Uelzen. Die Tiertafel in Uelzen hat ein neues Zuhause. Seit über einem Jahr suchen die Betreiber, Wolfgang und Karin Roboom, nach neuen Räumlichkeiten. Bisher hatten sie in dem kleinen Marktleiterhäuschen hinter dem Kreishaus Tierfutter an bedürftige Tierbesitzer ausgegeben.

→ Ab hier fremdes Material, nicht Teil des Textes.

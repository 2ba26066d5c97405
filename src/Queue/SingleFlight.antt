-- ===== src/Queue/SingleFlight.antt =====
-- Single flight: of the bodies that run, only the slot's holder has not been told to stop.
use assist.Queue.Defs.{Queue, Waiter, release_if_holder}
use assist.Queue.Acquire.{
  Request, Outcome, acquire_start, acquire_wake, acquire_abort, acquire_exit, take_slot, park,
  wait_turn, reentrant_holder, busy, turn_of, pop_left,
}
use assist.Queue.Tick.{on_tick}
use assist.Queue.Control.{pop_hold, promote, request_pause, is_empty, of_thread}
use assist.Queue.System.{
  System, Step, Reach, IsIdle, begin, start, wake, abort, exit, tick, drain, prefer, ask_pause,
  advance, here, next,
}
use assist.Base.{
  ℕ, ◌<◌, String, Bool, true, false, ◌≡◌, Option, none, some, inl, inr, leb, update, Bool-cases,
  Option-cases, arith, ◌∙◌, keep, default_to, ◌==◌,
}

-- A running handle that has not expired is the holder's; identities in use were given out; nothing
-- was acquired in the future.
pub record Safe (q : Queue) (running : ℕ → Bool) (now : ℕ) : Type 0 where
  pub only : (h : ℕ) → running h ≡ true → (q.handles h).expired ≡ false → q.holder ≡ some h
  pub made : (h : ℕ) → q.holder ≡ some h → h < q.next_handle
  pub ran : (h : ℕ) → running h ≡ true → h < q.next_handle

abbrev SafeAfter : Outcome × Queue → (ℕ → Bool) → ℕ → Type 0
SafeAfter o running now = Safe o.1 (begin o.0 running) now

take_slot-Safe :
    (r : Request) {q : Queue} {running : ℕ → Bool} (now : ℕ)
    → q.holder ≡ none
    → Safe q running now
    → SafeAfter (take_slot r now q) running now
unfolding take_slot
take_slot-Safe r {q} {running} now free v = elim (Bool-cases r.running_raises) [
  | inl e ↦ rw e (record {
    only = λ h p x. ground (arith, v.only h, v.ran h);
    made = λ h p. ground arith;
    ran = λ h p. ground (arith, v.ran h);
  })
  | inr e ↦ rw e (record {
    only = λ h p x. ground (arith, v.only h, v.ran h);
    made = λ h p. ground arith;
    ran = λ h p. ground (arith, v.ran h);
  })
]

park-Safe :
    (r : Request) {q : Queue} {running : ℕ → Bool} (now : ℕ)
    → Safe q running now
    → SafeAfter (park r now q) running now
unfolding park
park-Safe r now v = elim (Bool-cases r.user_priority) [
  | inl e ↦ simp e (record { only = v.only; made = v.made; ran = v.ran })
  | inr e ↦ simp e (record { only = v.only; made = v.made; ran = v.ran })
]

wait_turn-Safe :
    (r : Request) {q : Queue} {running : ℕ → Bool} (now : ℕ)
    → Safe q running now
    → SafeAfter (wait_turn r now q) running now
unfolding wait_turn
wait_turn-Safe r {q} now v =
    elim (Bool-cases (default_to q.default_wait_timeout r.wait_timeout == 0)) [
      | inl over ↦ rw over v
      | inr waits ↦ rw waits (park-Safe r now v)
    ]

free_of_not-busy : (q : Queue) → busy q ≡ false → q.holder ≡ none
unfolding busy
free_of_not-busy q h = ground arith

acquire_start-Safe :
    (r : Request) (ctx : Option ℕ) {q : Queue} {running : ℕ → Bool} (now : ℕ)
    → Safe q running now
    → SafeAfter (acquire_start r ctx now q) running now
unfolding acquire_start
acquire_start-Safe r ctx {q} now v = elim (Option-cases (reentrant_holder r.thread_id ctx q)) [
  | inr (h, e) ↦ rw (e, acquire_start) v
  | inl e ↦
      rw (e, acquire_start)
        (elim (Bool-cases (busy q)) [
          | inr free ↦ rw free (take_slot-Safe r now (free_of_not-busy q free) v)
          | inl taken ↦ rw taken (elim (Bool-cases r.queued_raises) [
            | inl raised ↦ simp raised v
            | inr told ↦ simp told (wait_turn-Safe r now v)
          ])
        ])
]

free_of_turn : (q : Queue) (i : ℕ) {w : Waiter} → turn_of i q ≡ some w → q.holder ≡ none
unfolding turn_of
free_of_turn q i h = ground arith

pop_left-Safe :
    (w : Waiter) {q : Queue} {running : ℕ → Bool} (now : ℕ)
    → Safe q running now
    → Safe (pop_left w q) running now
pop_left-Safe w now v = elim (Bool-cases w.user_priority) [
  | inl e ↦ rw e (record { only = v.only; made = v.made; ran = v.ran })
  | inr e ↦ rw e (record { only = v.only; made = v.made; ran = v.ran })
]

pop_left-holder : (w : Waiter) (q : Queue) → (pop_left w q).holder ≡ q.holder
pop_left-holder w q = ground arith

acquire_abort-Safe :
    (i : ℕ) {q : Queue} {running : ℕ → Bool} (now : ℕ)
    → Safe q running now
    → Safe (acquire_abort i q) running now
unfolding acquire_abort
acquire_abort-Safe i now v = record { only = v.only; made = v.made; ran = v.ran }

acquire_wake-Safe :
    (r : Request) (i deadline : ℕ) {q : Queue} {running : ℕ → Bool} (now : ℕ)
    → Safe q running now
    → SafeAfter (acquire_wake r i deadline now q) running now
unfolding acquire_wake
acquire_wake-Safe r i deadline {q} now v = elim (Option-cases (turn_of i q)) [
  | inr (w, e) ↦
      rw (e, acquire_wake)
        (take_slot-Safe r now (pop_left-holder w q ∙ free_of_turn q i e) (pop_left-Safe w now v))
  | inl e ↦
      rw (e, acquire_wake)
        (elim (Bool-cases (leb deadline now)) [
          | inl late ↦ rw late (acquire_abort-Safe i now v)
          | inr early ↦ rw early v
        ])
]

acquire_exit-Safe :
    (tid : String) (h : ℕ) {q : Queue} {running : ℕ → Bool} (now : ℕ)
    → Safe q running now
    → Safe (acquire_exit tid h now q) (update running h false) now
unfolding acquire_exit release_if_holder
acquire_exit-Safe tid h now v = record {
  only = λ k p x. ground (arith, v.only k);
  made = λ k p. ground (arith, v.made k);
  ran = λ k p. ground (arith, v.ran k);
}

on_tick-Safe :
    (h : ℕ) {q : Queue} {running : ℕ → Bool} (now : ℕ)
    → Safe q running now
    → Safe (on_tick h now q) running now
unfolding on_tick release_if_holder
on_tick-Safe h now v = record {
  only = λ k p x. ground (arith, v.only k);
  made = λ k p. ground (arith, v.made k);
  ran = λ k p. ground (arith, v.ran k);
}

request_pause-Safe :
    (tid : String) {q : Queue} {running : ℕ → Bool} (now : ℕ)
    → Safe q running now
    → Safe (request_pause tid q).1 running now
unfolding request_pause
request_pause-Safe tid now v = record {
  only = λ k p x. ground (arith, v.only k);
  made = λ k p. ground (arith, v.made k);
  ran = λ k p. ground (arith, v.ran k);
}

promote-Safe :
    (tid : String) {q : Queue} {running : ℕ → Bool} (now : ℕ)
    → Safe q running now
    → Safe (promote tid q) running now
unfolding promote
promote-Safe tid {q} now v =
    elim (Bool-cases (is_empty (keep (of_thread tid) q.background_waiters))) [
      | inl e ↦ rw e v
      | inr e ↦ rw e (record { only = v.only; made = v.made; ran = v.ran })
    ]

Step-Safe : {s t : System} → Step s t → Safe s.queue s.running s.now → Safe t.queue t.running t.now
unfolding pop_hold
Step-Safe (start r ctx) v = acquire_start-Safe r ctx _ v
Step-Safe (wake r i deadline) v = acquire_wake-Safe r i deadline _ v
Step-Safe (abort i) v = acquire_abort-Safe i _ v
Step-Safe (exit tid h p) v = acquire_exit-Safe tid h _ v
Step-Safe (tick h) v = on_tick-Safe h _ v
Step-Safe (drain tid) v = record { only = v.only; made = v.made; ran = v.ran }
Step-Safe (prefer tid) v = promote-Safe tid _ v
Step-Safe (ask_pause tid) v = request_pause-Safe tid _ v
Step-Safe (advance d) v = record { only = v.only; made = v.made; ran = v.ran }

Reach-Safe : {s t : System} → IsIdle s → Reach s t → Safe t.queue t.running t.now
Reach-Safe v here = record {
  only = λ h p x. ground (arith, v.1 h);
  made = λ h p. ground arith;
  ran = λ h p. ground (arith, v.1 h);
}
Reach-Safe v (next r st) = Step-Safe st (Reach-Safe v r)

-- From an idle system, whatever callers, waiters, ticks and pauses do and in whatever order: two
-- handles whose bodies run and that the tick has not expired are the same handle, and it holds the
-- slot.
pub single_flight :
    {s t : System}
    → IsIdle s
    → Reach s t
    → (h k : ℕ) → t.running h ≡ true
    → t.running k ≡ true
    → (t.queue.handles h).expired ≡ false
    → (t.queue.handles k).expired ≡ false
    → (h ≡ k) × (t.queue.holder ≡ some h)
single_flight {t} idle r h k rh rk eh ek =
    let v = Reach-Safe idle r in
    let p : t.queue.holder ≡ some h = v.only h rh eh in
    let p' : t.queue.holder ≡ some k = v.only k rk ek in (cc, p)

Dort müssen sie bald raus. Die neuen Räume werden an der Veerßer Straße 84 in Uelzen sein.

Dort, in zwei Räumen auf dem Hof eines Hauses gegenüber des Schwimmbades, liegt aber noch einiges im Argen. Zwar sind die Räume – mit gut 50 und etwa 18 Quadratmetern – deutlich größer als die zwei kleinen Räume im Marktleiterhäuschen. Aber: „Sie sind sehr stark renovierungsbedürftig“, sagt Wolfgang Roboom. Der Putz an den Wänden ist zum Teil herausgebrochen, ein Fußbodenbelag fehlt, der Lack an Fenstern und Türen blättert. Robooms bitten um Hilfe. „Wir brauchen alle Hände, die wir bekommen können“, sagt er. Und Material brauchen sie auch. So schwebt ihnen vor, pflegeleichtes und preiswertes Laminat zu verlegen, und sie überlegen noch, wie sie Wände, Fenster und Türen streichen. Das kostet: „Wir rechnen mit 2000 bis 3000 Euro Gesamtkosten“, sagt Roboom, und den Posten kann sich der kleine Tiertafel-Verein kaum leisten. Vor allem hofft das Ehepaar auf Material wie Laminat und Farbe.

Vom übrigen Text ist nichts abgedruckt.